DATA FOR ANALYSIS:
[Start of Attachment]

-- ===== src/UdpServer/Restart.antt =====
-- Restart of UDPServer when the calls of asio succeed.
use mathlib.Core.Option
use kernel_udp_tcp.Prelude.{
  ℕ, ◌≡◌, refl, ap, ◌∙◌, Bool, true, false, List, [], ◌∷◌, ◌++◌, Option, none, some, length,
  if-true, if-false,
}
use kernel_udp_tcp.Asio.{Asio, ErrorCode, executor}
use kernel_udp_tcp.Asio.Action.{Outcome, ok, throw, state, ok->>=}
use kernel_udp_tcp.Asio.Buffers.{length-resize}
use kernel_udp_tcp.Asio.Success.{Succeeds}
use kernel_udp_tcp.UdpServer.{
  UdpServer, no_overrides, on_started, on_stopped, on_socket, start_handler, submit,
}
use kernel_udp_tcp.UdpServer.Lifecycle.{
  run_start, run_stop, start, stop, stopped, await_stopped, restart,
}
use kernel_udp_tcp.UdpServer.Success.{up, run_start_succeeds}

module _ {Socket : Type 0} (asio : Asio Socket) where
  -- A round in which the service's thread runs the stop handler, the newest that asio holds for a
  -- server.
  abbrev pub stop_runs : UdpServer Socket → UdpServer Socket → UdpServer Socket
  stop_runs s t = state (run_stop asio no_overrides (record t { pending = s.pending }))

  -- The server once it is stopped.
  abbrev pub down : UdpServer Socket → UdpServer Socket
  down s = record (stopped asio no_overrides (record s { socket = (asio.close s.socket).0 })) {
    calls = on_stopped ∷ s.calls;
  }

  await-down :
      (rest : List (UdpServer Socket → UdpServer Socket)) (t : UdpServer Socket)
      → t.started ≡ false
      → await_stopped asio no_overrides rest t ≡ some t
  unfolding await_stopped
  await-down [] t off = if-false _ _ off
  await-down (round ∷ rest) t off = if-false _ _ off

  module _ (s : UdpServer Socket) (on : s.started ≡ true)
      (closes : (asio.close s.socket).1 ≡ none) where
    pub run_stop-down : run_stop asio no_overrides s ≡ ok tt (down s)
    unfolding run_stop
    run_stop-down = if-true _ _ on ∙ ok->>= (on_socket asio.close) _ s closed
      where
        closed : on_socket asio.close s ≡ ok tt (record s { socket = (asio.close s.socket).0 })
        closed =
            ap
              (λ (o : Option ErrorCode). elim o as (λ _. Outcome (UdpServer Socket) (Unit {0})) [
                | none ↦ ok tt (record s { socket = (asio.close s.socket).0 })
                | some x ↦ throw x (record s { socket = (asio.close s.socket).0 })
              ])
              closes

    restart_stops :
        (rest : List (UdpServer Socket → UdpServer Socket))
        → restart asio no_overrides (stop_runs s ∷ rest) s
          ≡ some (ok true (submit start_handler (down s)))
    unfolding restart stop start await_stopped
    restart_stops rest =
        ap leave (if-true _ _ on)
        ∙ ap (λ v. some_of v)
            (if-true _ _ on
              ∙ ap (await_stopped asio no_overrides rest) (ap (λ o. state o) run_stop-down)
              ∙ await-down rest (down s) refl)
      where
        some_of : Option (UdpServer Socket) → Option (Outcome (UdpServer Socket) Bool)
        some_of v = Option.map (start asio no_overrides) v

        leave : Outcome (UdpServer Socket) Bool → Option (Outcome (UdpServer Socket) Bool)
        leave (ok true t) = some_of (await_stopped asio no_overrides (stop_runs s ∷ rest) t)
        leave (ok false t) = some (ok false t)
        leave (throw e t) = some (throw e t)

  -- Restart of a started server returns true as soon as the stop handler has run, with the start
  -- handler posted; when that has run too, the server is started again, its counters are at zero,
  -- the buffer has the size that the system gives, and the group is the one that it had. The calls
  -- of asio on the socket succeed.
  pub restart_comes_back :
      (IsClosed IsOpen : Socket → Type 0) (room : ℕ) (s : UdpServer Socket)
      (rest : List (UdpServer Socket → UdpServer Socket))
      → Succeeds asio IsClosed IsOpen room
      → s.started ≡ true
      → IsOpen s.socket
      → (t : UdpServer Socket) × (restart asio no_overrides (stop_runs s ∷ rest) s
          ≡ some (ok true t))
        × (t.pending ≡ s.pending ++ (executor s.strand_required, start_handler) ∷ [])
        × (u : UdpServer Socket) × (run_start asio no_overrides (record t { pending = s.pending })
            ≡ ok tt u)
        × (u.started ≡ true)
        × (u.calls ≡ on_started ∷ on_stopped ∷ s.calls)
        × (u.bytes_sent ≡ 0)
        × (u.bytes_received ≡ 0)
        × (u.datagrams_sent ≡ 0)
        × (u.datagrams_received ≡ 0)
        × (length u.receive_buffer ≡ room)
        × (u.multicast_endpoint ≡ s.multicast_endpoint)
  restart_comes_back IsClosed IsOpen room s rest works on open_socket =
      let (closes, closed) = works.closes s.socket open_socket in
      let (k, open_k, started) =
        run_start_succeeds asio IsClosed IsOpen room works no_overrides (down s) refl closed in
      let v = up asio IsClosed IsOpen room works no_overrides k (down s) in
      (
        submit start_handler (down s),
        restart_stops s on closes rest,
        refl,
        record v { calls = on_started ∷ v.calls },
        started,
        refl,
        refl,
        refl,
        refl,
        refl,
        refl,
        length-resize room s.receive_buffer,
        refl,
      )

[End of Attachment]

TASK REQUIREMENTS:
Reproduce all of the records, keeping every character unchanged.

WRITTEN RESPONSE:
-- ===== src/UdpServer/Restart.antt =====
-- Restart of UDPServer when the calls of asio succeed.
use mathlib.Core.Option
use kernel_udp_tcp.Prelude.{
  ℕ, ◌≡◌, refl, ap, ◌∙◌, Bool, true, false, List, [], ◌∷◌, ◌++◌, Option, none, some, length,
  if-true, if-false,
}
use kernel_udp_tcp.Asio.{Asio, ErrorCode, executor}
use kernel_udp_tcp.Asio.Action.{Outcome, ok, throw, state, ok->>=}
use kernel_udp_tcp.Asio.Buffers.{length-resize}
use kernel_udp_tcp.Asio.Success.{Succeeds}
use kernel_udp_tcp.UdpServer.{
  UdpServer, no_overrides, on_started, on_stopped, on_socket, start_handler, submit,
}
use kernel_udp_tcp.UdpServer.Lifecycle.{
  run_start, run_stop, start, stop, stopped, await_stopped, restart,
}
use kernel_udp_tcp.UdpServer.Success.{up, run_start_succeeds}

module _ {Socket : Type 0} (asio : Asio Socket) where
  -- A round in which the service's thread runs the stop handler, the newest that asio holds for a
  -- server.
  abbrev pub stop_runs : UdpServer Socket → UdpServer Socket → UdpServer Socket
  stop_runs s t = state (run_stop asio no_overrides (record t { pending = s.pending }))

  -- The server once it is stopped.
  abbrev pub down : UdpServer Socket → UdpServer Socket
  down s = record (stopped asio no_overrides (record s { socket = (asio.close s.socket).0 })) {
    calls = on_stopped ∷ s.calls;
  }

  await-down :
      (rest : List (UdpServer Socket → UdpServer Socket)) (t : UdpServer Socket)
      → t.started ≡ false
      → await_stopped asio no_overrides rest t ≡ some t
  unfolding await_stopped
  await-down [] t off = if-false _ _ off
  await-down (round ∷ rest) t off = if-false _ _ off

  module _ (s : UdpServer Socket) (on : s.started ≡ true)
      (closes : (asio.close s.socket).1 ≡ none) where
    pub run_stop-down : run_stop asio no_overrides s ≡ ok tt (down s)
    unfolding run_stop
    run_stop-down = if-true _ _ on ∙ ok->>= (on_socket asio.close) _ s closed
      where
        closed : on_socket asio.close s ≡ ok tt (record s { socket = (asio.close s.socket).0 })
        closed =
            ap
              (λ (o : Option ErrorCode). elim o as (λ _. Outcome (UdpServer Socket) (Unit {0})) [
                | none ↦ ok tt (record s { socket = (asio.close s.socket).0 })
                | some x ↦ throw x (record s { socket = (asio.close s.socket).0 })
              ])
              closes

    restart_stops :
        (rest : List (UdpServer Socket → UdpServer Socket))
        → restart asio no_overrides (stop_runs s ∷ rest) s
          ≡ some (ok true (submit start_handler (down s)))
    unfolding restart stop start await_stopped
    restart_stops rest =
        ap leave (if-true _ _ on)
        ∙ ap (λ v. some_of v)
            (if-true _ _ on
              ∙ ap (await_stopped asio no_overrides rest) (ap (λ o. state o) run_stop-down)
              ∙ await-down rest (down s) refl)
      where
        some_of : Option (UdpServer Socket) → Option (Outcome (UdpServer Socket) Bool)
        some_of v = Option.map (start asio no_overrides) v

        leave : Outcome (UdpServer Socket) Bool → Option (Outcome (UdpServer Socket) Bool)
        leave (ok true t) = some_of (await_stopped asio no_overrides (stop_runs s ∷ rest) t)
        leave (ok false t) = some (ok false t)
        leave (throw e t) = some (throw e t)

  -- Restart of a started server returns true as soon as the stop handler has run, with the start
  -- handler posted; when that has run too, the server is started again, its counters are at zero,
  -- the buffer has the size that the system gives, and the group is the one that it had. The calls
  -- of asio on the socket succeed.
  pub restart_comes_back :
      (IsClosed IsOpen : Socket → Type 0) (room : ℕ) (s : UdpServer Socket)
      (rest : List (UdpServer Socket → UdpServer Socket))
      → Succeeds asio IsClosed IsOpen room
      → s.started ≡ true
      → IsOpen s.socket
      → (t : UdpServer Socket) × (restart asio no_overrides (stop_runs s ∷ rest) s
          ≡ some (ok true t))
        × (t.pending ≡ s.pending ++ (executor s.strand_required, start_handler) ∷ [])
        × (u : UdpServer Socket) × (run_start asio no_overrides (record t { pending = s.pending })
            ≡ ok tt u)
        × (u.started ≡ true)
        × (u.calls ≡ on_started ∷ on_stopped ∷ s.calls)
        × (u.bytes_sent ≡ 0)
        × (u.bytes_received ≡ 0)
        × (u.datagrams_sent ≡ 0)
        × (u.datagrams_received ≡ 0)
        × (length u.receive_buffer ≡ room)
        × (u.multicast_endpoint ≡ s.multicast_endpoint)
  restart_comes_back IsClosed IsOpen room s rest works on open_socket =
      let (closes, closed) = works.closes s.socket open_socket in
      let (k, open_k, started) =
        run_start_succeeds asio IsClosed IsOpen room works no_overrides (down s) refl closed in
      let v = up asio IsClosed IsOpen room works no_overrides k (down s) in
      (
        submit start_handler (down s),
        restart_stops s on closes rest,
        refl,
        record v { calls = on_started ∷ v.calls },
        started,
        refl,
        refl,
        refl,
        refl,
        refl,
        refl,
        length-resize room s.receive_buffer,
        refl,
      )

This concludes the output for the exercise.